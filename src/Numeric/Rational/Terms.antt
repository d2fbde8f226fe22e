-- ===== src/Numeric/Rational/Terms.antt =====
-- A rational number is brought to lowest terms with a positive denominator.
use native.Mathlib.Nat.{div-mul_cancel, mul-div_cancel', pos_of_dvd_of_pos, mul_assoc, zero-mul}
use Prim.Native.Nat.{◌∣◌}
use cpp_essence.Prelude.{
  ℕ, zero, suc, ◌*◌, ◌/◌, ◌<◌, ◌≡◌, refl, sym, ap, ap₂, ◌∙◌, Bool, true, false, some, ◌==◌, arith,
}
use cpp_essence.Numeric.Gcd.{gcd, gcd-divides, lowest_terms}
use cpp_essence.Numeric.Rational.{
  ℤ, pos, negsuc, negative, magnitude, signed, differ, ◌*ℤ◌, ◌/ℤ◌, Rational, with_positive,
  quotients, simplify,
}

magnitude-signed : (b : Bool) (n : ℕ) → magnitude (signed b n) ≡ n
magnitude-signed b zero = refl
magnitude-signed false (suc n) = refl
magnitude-signed true (suc n) = refl

pub signed-false : (k : ℕ) → signed false k ≡ pos k
signed-false zero = refl
signed-false (suc k) = refl

cross : (n d g : ℕ) → g ∣ n → g ∣ d → n * (d / g) ≡ n / g * d
cross n d g of_n of_d =
    ap (λ (k : ℕ). k * (d / g)) (sym (div-mul_cancel g of_n))
    ∙ mul_assoc (n / g) g (d / g)
    ∙ ap (λ (k : ℕ). n / g * k) (mul-div_cancel' g of_d)

pub nonzero : (g : ℕ) → 0 < g → (g == 0) ≡ false
nonzero g h = ground (arith, h)

positive_factor : (x g d : ℕ) → x * g ≡ d → 0 < d → 0 < x
positive_factor zero g d e h = omega (arith, sym (zero-mul g) ∙ e, h)
positive_factor (suc x) g d e h = omega arith

pub quotient : (m : ℤ) (g : ℕ) → 0 < g → m /ℤ pos g ≡ some (signed (negative m) (magnitude m / g))
unfolding ◌/ℤ◌
quotient (pos n) g h = rw (nonzero g h) refl
quotient (negsuc n) g h = rw (nonzero g h) refl

with_positive-signed :
    (b e : Bool) (x y : ℕ)
    → 0 < y
    → with_positive (signed b x) (signed e y)
      ≡ record { numerator = signed (differ b e) x; denominator = pos y }
unfolding with_positive
with_positive-signed b e x zero h = ground (arith, h)
with_positive-signed true true zero (suc y) h = refl
with_positive-signed true true (suc x) (suc y) h = refl
with_positive-signed true false zero (suc y) h = refl
with_positive-signed true false (suc x) (suc y) h = refl
with_positive-signed false true zero (suc y) h = refl
with_positive-signed false true (suc x) (suc y) h = refl
with_positive-signed false false zero (suc y) h = refl
with_positive-signed false false (suc x) (suc y) h = refl

sign_of_product :
    (b e : Bool) (x y : ℕ)
    → signed (differ (negative (signed (differ b e) x)) e) (magnitude (signed (differ b e) x) * y)
      ≡ signed b (x * y)
sign_of_product true true zero y = rw (zero-mul y) refl
sign_of_product true false zero y = rw (zero-mul y) refl
sign_of_product false true zero y = rw (zero-mul y) refl
sign_of_product false false zero y = rw (zero-mul y) refl
sign_of_product true true (suc x) y = refl
sign_of_product true false (suc x) y = refl
sign_of_product false true (suc x) y = refl
sign_of_product false false (suc x) y = refl

same_value :
    (r : Rational) (g : ℕ)
    → g ∣ magnitude r.numerator
    → g ∣ magnitude r.denominator
    → r.numerator *ℤ pos (magnitude r.denominator / g)
      ≡ signed (differ (negative r.numerator) (negative r.denominator)) (magnitude r.numerator / g)
        *ℤ r.denominator
unfolding ◌*ℤ◌
same_value r g of_n of_d =
    let n = magnitude r.numerator in
    let d = magnitude r.denominator in
    ap₂ signed (differ_false (negative r.numerator)) (cross n d g of_n of_d)
    ∙ sym (sign_of_product (negative r.numerator) (negative r.denominator) (n / g) d)
  where
    differ_false : (b : Bool) → differ b false ≡ b
    differ_false true = refl
    differ_false false = refl

-- If the denominator is not zero, `simplify` gives a fraction of the same value with a positive
-- denominator, in lowest terms.
pub simplify-lowest :
    (r : Rational)
    → 0 < magnitude r.denominator
    → (s : Rational) × (simplify r ≡ some s)
      × (negative s.denominator ≡ false)
      × (0 < magnitude s.denominator)
      × (r.numerator *ℤ s.denominator ≡ s.numerator *ℤ r.denominator)
      × (gcd (magnitude s.numerator) (magnitude s.denominator) ≡ 1)
unfolding simplify quotients
simplify-lowest r h =
    let n = magnitude r.numerator in
    let d = magnitude r.denominator in
    let g = gcd n d in
    let (of_n, of_d) = gcd-divides n d in
    let g_pos : 0 < g = pos_of_dvd_of_pos of_d h in
    let q_pos : 0 < d / g = positive_factor (d / g) g d (div-mul_cancel g of_d) h in
    let b = differ (negative r.numerator) (negative r.denominator) in
    (
      record { numerator = signed b (n / g); denominator = pos (d / g) },
      rw (quotient r.numerator g g_pos, quotient r.denominator g g_pos)
          (ap some (
            with_positive-signed (negative r.numerator) (negative r.denominator) (n / g) (d / g)
              q_pos)),
      refl,
      q_pos,
      same_value r g of_n of_d,
      rw (magnitude-signed b (n / g)) (
          let (of_a, of_b) = gcd-divides (n / g) (d / g) in
          lowest_terms n d (gcd (n / g) (d / g)) g_pos of_a of_b),
    )

-- A fraction of two numbers keeps its signs.
pub simplify-pos :
    (n d : ℕ)
    → 0 < d
    → (simplify (record { numerator = pos n; denominator = pos d })
        ≡ some (record { numerator = pos (n / gcd n d); denominator = pos (d / gcd n d) }))
      × (0 < d / gcd n d)
      × (n / gcd n d * d ≡ n * (d / gcd n d))
unfolding simplify quotients with_positive
simplify-pos n d h =
    let g = gcd n d in
    let (of_n, of_d) = gcd-divides n d in
    let g_pos : 0 < g = pos_of_dvd_of_pos of_d h in
    let q_pos : 0 < d / g = positive_factor (d / g) g d (div-mul_cancel g of_d) h in
    (
      rw
          (
            quotient (pos n) g g_pos,
            quotient (pos d) g g_pos,
            signed-false (n / g),
            signed-false (d / g),
          )
          refl,
      q_pos,
      sym (cross n d g of_n of_d),
    )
__________
* What to work on *
Please tally every line of the material above that has the string "antt", and write only the total.

* Response for this exercise *
2